Und auch die Veranstalter gehen schon mal vorsichtshalber in den Klage-Modus wegen der geplanten Novellierung der Pauschalreise-Richtlinie, die dem Verbraucher noch mehr Rechte zusichern möchte (und wer wollte das wenig populär kritisieren?), aber gleichzeitig die touristischen Player in eine Haftungszange nimmt, die logischerweise in höheren Preisen münden müsste – mit vielleicht noch mehr Menschen, die sich für Balkonien entscheiden.
Gerade an diesem Punkt merkt man unschön, dass deutsche Probleme selten europäische sind. Erinnern Sie sich noch an das Waldsterben, unsere Panik und die relative Ignoranz vieler europäischer Partner? Klar, Deutschland hat Wald, viel Wald, die anderen nicht. Hier und heute: 41 % aller Pauschalreisen in Europa – werden von Deutschen gebucht. Außerhalb unseres Landes ist diese Reiseform eher exotisch mit gerade mal 13 Prozent der Buchungen eurpoaweit. Warum sich also aufregen, fragt man sich im Europaparlament, wenn man doch so Medien-affin Verbraucherschutz pur fordern könnte? Immer gerne als politische Robin-Hood-Attitüde für die Wähler-Motivation…
Also wie schon gesagt, die Gemengelage im Tourismus ist bekannt. Mellow-mäßig würde man sagen. Wie gut, dass der geladene Wirtschaftsminister Instinkt-sicher da die Rolle des Motivations-Coaches für sich entdeckt. Robert Habeck weiss natürlich, dass er als Regierungsmitglied nichts zu verschenken hat (im Gegensatz zu dem ebenfalls geladenen CDU-Mann Spahn, der unbekümmert Ampel-Bashing betreibt und davon faselt, der Wirtschaft – auch der Tourismus-Industrie – wäre es noch nie so gut gegangen, wie zu CDU Zeiten; verschweigend, dass all die strukturellen Probleme heute nur deshalb so drücken, weil die CDU jahrelang Rendite über Reparatur stellte..)

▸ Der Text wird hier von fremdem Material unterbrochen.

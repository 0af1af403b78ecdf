-- ===== src/Orchestrator/Persistence.antt =====
-- `_persist_artifact_graph_path` of services/orchestrator.py: the graph of a validated rule.
pub mod Frame
use aicti.Base.{
  ℕ, suc, String, ◌==◌, ◌=?◌, Bool, true, false, ◌&&◌, not, Option, none, some, List, [], ◌∷◌, ◌++◌,
  keep, first, elem, text_lt, Result, ok, err, if◌then◌else◌,
}
use aicti.Value.{Value, Items, nil, cons, Fields, end, field, get}
use aicti.Db.{
  Db, Report, EvidenceSpan, DetectionSpec, GeneratedRule, OutcomeRow, PipelineRunRecord,
  ProofObligationRecord,
}
use aicti.Db.Action.{Action, ◌>>=◌, ◌>>◌, pure, raise, gets, require, modify}
use aicti.Graph.{upsert_node, add_edge, flush}
use aicti.Validation.{
  ValidationError, SyntheticValidationResult, dynamic_passed, record_static_validation,
  record_dynamic_validation, record_regression, generate_proof_obligations_from_artifacts,
  verify_persisted_proofs_selectable,
}
use aicti.Export.{is_set}
use aicti.Orchestrator.{
  PipelineError, report_required, evidence_required, single_spec_required, spec_required,
  rule_required, static_gate_failed, dynamic_gate_failed, proof_gate_failed, lineage_required,
  graph_failed, raised, Services, order_by_id, attempt, detection_spec_evidence_ids,
  remember_pipeline_run,
}

module _ (services : Services) (run_id : String) where
  link_evidence : String → String → List EvidenceSpan → Action PipelineError (Unit {0})
  link_evidence report_node spec_node [] = pure tt
  link_evidence report_node spec_node (evidence ∷ others) = do
    evidence_node ←
        upsert_node services.uuid4 run_id "evidence_quote" "evidence_spans" evidence.id (
          field "report_id" (Value.text evidence.report_id)
            (field "supports_claim" (Value.text evidence.supports_claim) end))
    first_edge ← add_edge services.uuid4 run_id report_node evidence_node "derived_from"
    second_edge ← add_edge services.uuid4 run_id evidence_node spec_node "supports"
    link_evidence report_node spec_node others

  link_validations : String → List OutcomeRow → Action PipelineError (List String)
  link_validations rule_node [] = pure []
  link_validations rule_node (validation ∷ others) = do
    validation_node ←
        upsert_node services.uuid4 run_id "validation_result" "validation_results" validation.id
          (field "status" (Value.text validation.status) end)
    edge ← add_edge services.uuid4 run_id rule_node validation_node "validated_by"
    nodes ← link_validations rule_node others
    pure (validation_node ∷ nodes)

  link_satisfied : String → List String → Action PipelineError (Unit {0})
  link_satisfied proof_node [] = pure tt
  link_satisfied proof_node (validation_node ∷ others) = do
    edge ← add_edge services.uuid4 run_id validation_node proof_node "satisfies"
    link_satisfied proof_node others

  link_proofs : List String → List ProofObligationRecord → Action PipelineError (Unit {0})
  unfolding link_satisfied
  link_proofs validation_nodes [] = pure tt
  link_proofs validation_nodes (proof ∷ others) = do
    proof_node ← upsert_node services.uuid4 run_id "proof_obligation" "proof_obligations" proof.id (
        field "claim_type" (Value.text proof.claim_type)
          (field "status" (Value.text proof.status) end))
    done ← link_satisfied proof_node validation_nodes
    link_proofs validation_nodes others

  validation_rows_of : String → Db → List OutcomeRow
  validation_rows_of rule_id db =
      keep (λ v. v.run_id == run_id && v.rule_id == rule_id) db.validation_results

  proof_rows_of : String → Db → List ProofObligationRecord
  proof_rows_of rule_id db =
      keep (λ p. p.run_id == run_id && p.rule_candidate_id == rule_id) db.proof_obligations

  -- From `graph = EvidenceGraphService(self.db)` on.
  persist_path :
      Report → List EvidenceSpan → DetectionSpec → GeneratedRule → Action PipelineError (Unit {0})
  unfolding link_evidence link_validations link_proofs validation_rows_of proof_rows_of
  persist_path report supported spec rule = do
    report_node ←
        upsert_node services.uuid4 run_id "report" "reports" report.id
          (field "source_type" (Value.text report.source_type) end)
    spec_node ←
        upsert_node services.uuid4 run_id "detection_spec" "detection_specs" spec.id
          (field "validated" (Value.bool spec.is_validated) end)
    rule_node ←
        upsert_node services.uuid4 run_id "generated_rule" "generated_rules" rule.id
          (field "detection_spec_id" (Value.text spec.id) end)
    linked ← link_evidence report_node spec_node supported
    edge ← add_edge services.uuid4 run_id spec_node rule_node "derived_from"
    validation_rows ← gets (validation_rows_of rule.id)
    validation_nodes ← link_validations rule_node validation_rows
    proof_rows ← gets (proof_rows_of rule.id)
    satisfied ← link_proofs validation_nodes proof_rows
    modify flush

  persist_supported :
      Report → DetectionSpec → GeneratedRule → List EvidenceSpan → Action PipelineError (Unit {0})
  unfolding persist_path
  persist_supported report spec rule [] = raise lineage_required
  persist_supported report spec rule (evidence ∷ others) =
      persist_path report (evidence ∷ others) spec rule

  unfoldable pub persist_artifact_graph_path :
      Report → List EvidenceSpan → DetectionSpec → GeneratedRule → Action PipelineError (Unit {0})
  unfolding persist_supported
  persist_artifact_graph_path report evidence_rows spec rule =
      elim (detection_spec_evidence_ids services.json_loads spec) [
        | none ↦ raise graph_failed
        | some ids ↦
            persist_supported report spec rule
              (keep (λ (e : EvidenceSpan). elem ◌==◌ e.id ids) evidence_rows)
      ]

Habeck also gibt lieber den Gute Laune Bären und beschwört die Teilnehmer, Lebensfreude, Spaß und Freiheit mehr in den Mittelpunkt der Eigen-Analyse zu stellen, anstelle alles mies zu reden. Reisen sei schließlich mehr als Ballermann – optimal sogar eine politische Haltung, weil sie Krisen trotze und Abschottungen, weil sie bessere Einkommen bei den Bereisten schaffe, verhindere, dass aus Vorurteilen Urteile würden, und letztendlich auch eine feste Säule für die deutsche Wirtschaft sei, eine Kraft-Welle.
Habeck im Feel-Good Rausch, schwärmend vom politischen Wohlstand, den das Reisen beweise. Die Selbstbelohnung als Verdienst, für den man sich nicht verschämt weg ducken müsse. „Sie haben es sich verdient“- Hat der Minister da etwa sich bedient bei einem Player aus Hannover und seinem bisher schönsten Werbe-Claim?
Fehlte nur noch der Sonnenstrahl auf dem Rednerpult. Das ist das Gipfel-Gefühl halt, wenn man doch höchstamtlich bescheinigt bekommt, dass die gesellschaftliche Bedeutung nicht hoch genug eingeschätzt werden könne seitens der Politik . Gut, dass wir mal wieder drüber geredet haben bei Sekt und Häppchen.